§ **Aim of the exercise**
Every entry is to be returned verbatim.

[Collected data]
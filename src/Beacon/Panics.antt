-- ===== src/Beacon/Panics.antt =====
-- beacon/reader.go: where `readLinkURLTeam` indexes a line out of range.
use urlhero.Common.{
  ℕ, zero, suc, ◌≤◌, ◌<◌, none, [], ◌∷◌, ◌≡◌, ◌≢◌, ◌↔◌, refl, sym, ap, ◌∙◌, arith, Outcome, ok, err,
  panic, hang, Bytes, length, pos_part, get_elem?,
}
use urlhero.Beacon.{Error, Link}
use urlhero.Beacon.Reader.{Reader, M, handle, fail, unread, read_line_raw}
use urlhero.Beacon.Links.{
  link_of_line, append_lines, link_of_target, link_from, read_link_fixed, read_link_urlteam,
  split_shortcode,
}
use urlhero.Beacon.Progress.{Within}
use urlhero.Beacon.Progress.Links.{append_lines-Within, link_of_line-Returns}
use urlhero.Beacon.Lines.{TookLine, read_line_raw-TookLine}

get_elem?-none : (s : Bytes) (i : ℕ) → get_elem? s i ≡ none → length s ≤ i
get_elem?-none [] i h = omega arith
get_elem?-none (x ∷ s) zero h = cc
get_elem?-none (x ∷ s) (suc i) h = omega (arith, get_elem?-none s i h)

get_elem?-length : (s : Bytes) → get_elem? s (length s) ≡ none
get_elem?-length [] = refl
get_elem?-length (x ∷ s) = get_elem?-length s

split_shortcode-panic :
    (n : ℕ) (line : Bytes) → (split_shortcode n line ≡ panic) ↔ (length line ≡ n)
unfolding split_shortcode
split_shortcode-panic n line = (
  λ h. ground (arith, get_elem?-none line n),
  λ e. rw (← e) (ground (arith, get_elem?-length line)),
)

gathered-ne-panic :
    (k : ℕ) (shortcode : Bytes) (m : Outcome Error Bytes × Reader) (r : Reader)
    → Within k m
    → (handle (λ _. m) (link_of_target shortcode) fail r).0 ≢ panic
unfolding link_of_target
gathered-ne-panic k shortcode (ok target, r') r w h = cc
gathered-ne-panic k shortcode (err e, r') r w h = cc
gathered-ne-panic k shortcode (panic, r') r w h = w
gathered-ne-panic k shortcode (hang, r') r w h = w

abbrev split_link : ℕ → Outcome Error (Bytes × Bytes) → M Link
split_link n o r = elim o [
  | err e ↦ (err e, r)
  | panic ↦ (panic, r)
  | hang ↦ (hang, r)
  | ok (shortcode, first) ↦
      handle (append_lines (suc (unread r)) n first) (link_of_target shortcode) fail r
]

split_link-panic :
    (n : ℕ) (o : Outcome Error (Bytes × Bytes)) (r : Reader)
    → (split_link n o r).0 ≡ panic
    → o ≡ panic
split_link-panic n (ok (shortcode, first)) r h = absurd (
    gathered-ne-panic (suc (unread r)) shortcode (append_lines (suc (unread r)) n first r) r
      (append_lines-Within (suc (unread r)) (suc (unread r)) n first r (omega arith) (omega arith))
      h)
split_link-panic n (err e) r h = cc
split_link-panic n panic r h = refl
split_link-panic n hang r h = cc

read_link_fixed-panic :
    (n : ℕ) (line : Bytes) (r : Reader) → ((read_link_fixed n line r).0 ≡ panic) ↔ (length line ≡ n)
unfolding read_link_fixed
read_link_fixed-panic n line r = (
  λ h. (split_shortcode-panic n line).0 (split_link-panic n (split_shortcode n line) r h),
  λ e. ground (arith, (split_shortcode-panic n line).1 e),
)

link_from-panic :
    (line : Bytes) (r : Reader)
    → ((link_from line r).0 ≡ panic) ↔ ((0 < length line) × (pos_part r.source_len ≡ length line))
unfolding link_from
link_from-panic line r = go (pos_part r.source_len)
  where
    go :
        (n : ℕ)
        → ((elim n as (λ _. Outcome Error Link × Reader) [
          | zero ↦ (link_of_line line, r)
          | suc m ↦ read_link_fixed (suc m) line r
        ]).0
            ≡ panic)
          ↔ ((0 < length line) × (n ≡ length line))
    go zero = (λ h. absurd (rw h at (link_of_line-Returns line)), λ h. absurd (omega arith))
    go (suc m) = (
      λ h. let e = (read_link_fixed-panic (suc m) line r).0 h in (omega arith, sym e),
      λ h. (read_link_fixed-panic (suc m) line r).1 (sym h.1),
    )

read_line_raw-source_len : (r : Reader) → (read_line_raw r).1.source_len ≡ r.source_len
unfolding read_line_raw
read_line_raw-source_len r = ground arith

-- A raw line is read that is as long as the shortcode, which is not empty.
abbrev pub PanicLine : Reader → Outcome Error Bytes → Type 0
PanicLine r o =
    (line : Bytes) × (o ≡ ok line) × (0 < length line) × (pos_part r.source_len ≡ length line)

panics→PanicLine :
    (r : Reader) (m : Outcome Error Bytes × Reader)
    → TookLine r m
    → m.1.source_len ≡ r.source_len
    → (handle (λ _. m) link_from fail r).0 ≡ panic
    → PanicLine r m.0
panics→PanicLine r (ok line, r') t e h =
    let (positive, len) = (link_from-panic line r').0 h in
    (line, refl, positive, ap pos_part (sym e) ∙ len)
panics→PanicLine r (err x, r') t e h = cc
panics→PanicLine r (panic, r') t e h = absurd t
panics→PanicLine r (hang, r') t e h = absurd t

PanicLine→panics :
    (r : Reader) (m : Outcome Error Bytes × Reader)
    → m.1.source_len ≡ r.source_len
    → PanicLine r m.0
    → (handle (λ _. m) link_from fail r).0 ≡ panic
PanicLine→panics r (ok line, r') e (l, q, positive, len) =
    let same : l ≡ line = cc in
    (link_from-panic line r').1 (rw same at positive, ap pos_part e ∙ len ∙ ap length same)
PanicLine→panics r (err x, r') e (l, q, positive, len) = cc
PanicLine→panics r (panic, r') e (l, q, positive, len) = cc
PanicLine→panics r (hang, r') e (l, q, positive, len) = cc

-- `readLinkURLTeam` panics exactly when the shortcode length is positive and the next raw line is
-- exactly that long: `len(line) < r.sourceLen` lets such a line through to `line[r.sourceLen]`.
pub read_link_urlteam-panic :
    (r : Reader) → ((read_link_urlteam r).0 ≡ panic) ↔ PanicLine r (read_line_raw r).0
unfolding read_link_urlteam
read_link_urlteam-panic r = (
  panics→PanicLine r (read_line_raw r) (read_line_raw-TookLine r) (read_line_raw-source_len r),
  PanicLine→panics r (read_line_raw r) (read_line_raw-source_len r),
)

§ **Answer for the task**
filename src/Beacon/Panics.antt
-- ===== src/Beacon/Panics.antt =====
-- beacon/reader.go: where `readLinkURLTeam` indexes a line out of range.
use urlhero.Common.{
  ℕ, zero, suc, ◌≤◌, ◌<◌, none, [], ◌∷◌, ◌≡◌, ◌≢◌, ◌↔◌, refl, sym, ap, ◌∙◌, arith, Outcome, ok, err,
  panic, hang, Bytes, length, pos_part, get_elem?,
}
use urlhero.Beacon.{Error, Link}
use urlhero.Beacon.Reader.{Reader, M, handle, fail, unread, read_line_raw}
use urlhero.Beacon.Links.{
  link_of_line, append_lines, link_of_target, link_from, read_link_fixed, read_link_urlteam,
  split_shortcode,
}
use urlhero.Beacon.Progress.{Within}
use urlhero.Beacon.Progress.Links.{append_lines-Within, link_of_line-Returns}
use urlhero.Beacon.Lines.{TookLine, read_line_raw-TookLine}

get_elem?-none : (s : Bytes) (i : ℕ) → get_elem? s i ≡ none → length s ≤ i
get_elem?-none [] i h = omega arith
get_elem?-none (x ∷ s) zero h = cc
get_elem?-none (x ∷ s) (suc i) h = omega (arith, get_elem?-none s i h)

get_elem?-length : (s : Bytes) → get_elem? s (length s) ≡ none
get_elem?-length [] = refl
get_elem?-length (x ∷ s) = get_elem?-length s

split_shortcode-panic :
    (n : ℕ) (line : Bytes) → (split_shortcode n line ≡ panic) ↔ (length line ≡ n)
unfolding split_shortcode
split_shortcode-panic n line = (
  λ h. ground (arith, get_elem?-none line n),
  λ e. rw (← e) (ground (arith, get_elem?-length line)),
)

gathered-ne-panic :
    (k : ℕ) (shortcode : Bytes) (m : Outcome Error Bytes × Reader) (r : Reader)
    → Within k m
    → (handle (λ _. m) (link_of_target shortcode) fail r).0 ≢ panic
unfolding link_of_target
gathered-ne-panic k shortcode (ok target, r') r w h = cc
gathered-ne-panic k shortcode (err e, r') r w h = cc
gathered-ne-panic k shortcode (panic, r') r w h = w
gathered-ne-panic k shortcode (hang, r') r w h = w

abbrev split_link : ℕ → Outcome Error (Bytes × Bytes) → M Link
split_link n o r = elim o [
  | err e ↦ (err e, r)
  | panic ↦ (panic, r)
  | hang ↦ (hang, r)
  | ok (shortcode, first) ↦
      handle (append_lines (suc (unread r)) n first) (link_of_target shortcode) fail r
]

split_link-panic :
    (n : ℕ) (o : Outcome Error (Bytes × Bytes)) (r : Reader)
    → (split_link n o r).0 ≡ panic
    → o ≡ panic
split_link-panic n (ok (shortcode, first)) r h = absurd (
    gathered-ne-panic (suc (unread r)) shortcode (append_lines (suc (unread r)) n first r) r
      (append_lines-Within (suc (unread r)) (suc (unread r)) n first r (omega arith) (omega arith))
      h)
split_link-panic n (err e) r h = cc
split_link-panic n panic r h = refl
split_link-panic n hang r h = cc

read_link_fixed-panic :
    (n : ℕ) (line : Bytes) (r : Reader) → ((read_link_fixed n line r).0 ≡ panic) ↔ (length line ≡ n)
unfolding read_link_fixed
read_link_fixed-panic n line r = (
  λ h. (split_shortcode-panic n line).0 (split_link-panic n (split_shortcode n line) r h),
  λ e. ground (arith, (split_shortcode-panic n line).1 e),
)

link_from-panic :
    (line : Bytes) (r : Reader)
    → ((link_from line r).0 ≡ panic) ↔ ((0 < length line) × (pos_part r.source_len ≡ length line))
unfolding link_from
link_from-panic line r = go (pos_part r.source_len)
  where
    go :
        (n : ℕ)
        → ((elim n as (λ _. Outcome Error Link × Reader) [
          | zero ↦ (link_of_line line, r)
          | suc m ↦ read_link_fixed (suc m) line r
        ]).0
            ≡ panic)
          ↔ ((0 < length line) × (n ≡ length line))
    go zero = (λ h. absurd (rw h at (link_of_line-Returns line)), λ h. absurd (omega arith))
    go (suc m) = (
      λ h. let e = (read_link_fixed-panic (suc m) line r).0 h in (omega arith, sym e),
      λ h. (read_link_fixed-panic (suc m) line r).1 (sym h.1),
    )

read_line_raw-source_len : (r : Reader) → (read_line_raw r).1.source_len ≡ r.source_len
unfolding read_line_raw
read_line_raw-source_len r = ground arith

-- A raw line is read that is as long as the shortcode, which is not empty.
abbrev pub PanicLine : Reader → Outcome Error Bytes → Type 0
PanicLine r o =
    (line : Bytes) × (o ≡ ok line) × (0 < length line) × (pos_part r.source_len ≡ length line)

panics→PanicLine :
    (r : Reader) (m : Outcome Error Bytes × Reader)
    → TookLine r m
    → m.1.source_len ≡ r.source_len
    → (handle (λ _. m) link_from fail r).0 ≡ panic
    → PanicLine r m.0
panics→PanicLine r (ok line, r') t e h =
    let (positive, len) = (link_from-panic line r').0 h in
    (line, refl, positive, ap pos_part (sym e) ∙ len)
panics→PanicLine r (err x, r') t e h = cc
panics→PanicLine r (panic, r') t e h = absurd t
panics→PanicLine r (hang, r') t e h = absurd t

PanicLine→panics :
    (r : Reader) (m : Outcome Error Bytes × Reader)
    → m.1.source_len ≡ r.source_len
    → PanicLine r m.0
    → (handle (λ _. m) link_from fail r).0 ≡ panic
PanicLine→panics r (ok line, r') e (l, q, positive, len) =
    let same : l ≡ line = cc in
    (link_from-panic line r').1 (rw same at positive, ap pos_part e ∙ len ∙ ap length same)
PanicLine→panics r (err x, r') e (l, q, positive, len) = cc
PanicLine→panics r (panic, r') e (l, q, positive, len) = cc
PanicLine→panics r (hang, r') e (l, q, positive, len) = cc

-- `readLinkURLTeam` panics exactly when the shortcode length is positive and the next raw line is
-- exactly that long: `len(line) < r.sourceLen` lets such a line through to `line[r.sourceLen]`.
pub read_link_urlteam-panic :
    (r : Reader) → ((read_link_urlteam r).0 ≡ panic) ↔ PanicLine r (read_line_raw r).0
unfolding read_link_urlteam
read_link_urlteam-panic r = (
  panics→PanicLine r (read_line_raw r) (read_line_raw-TookLine r) (read_line_raw-source_len r),
  PanicLine→panics r (read_line_raw r) (read_line_raw-source_len r),
)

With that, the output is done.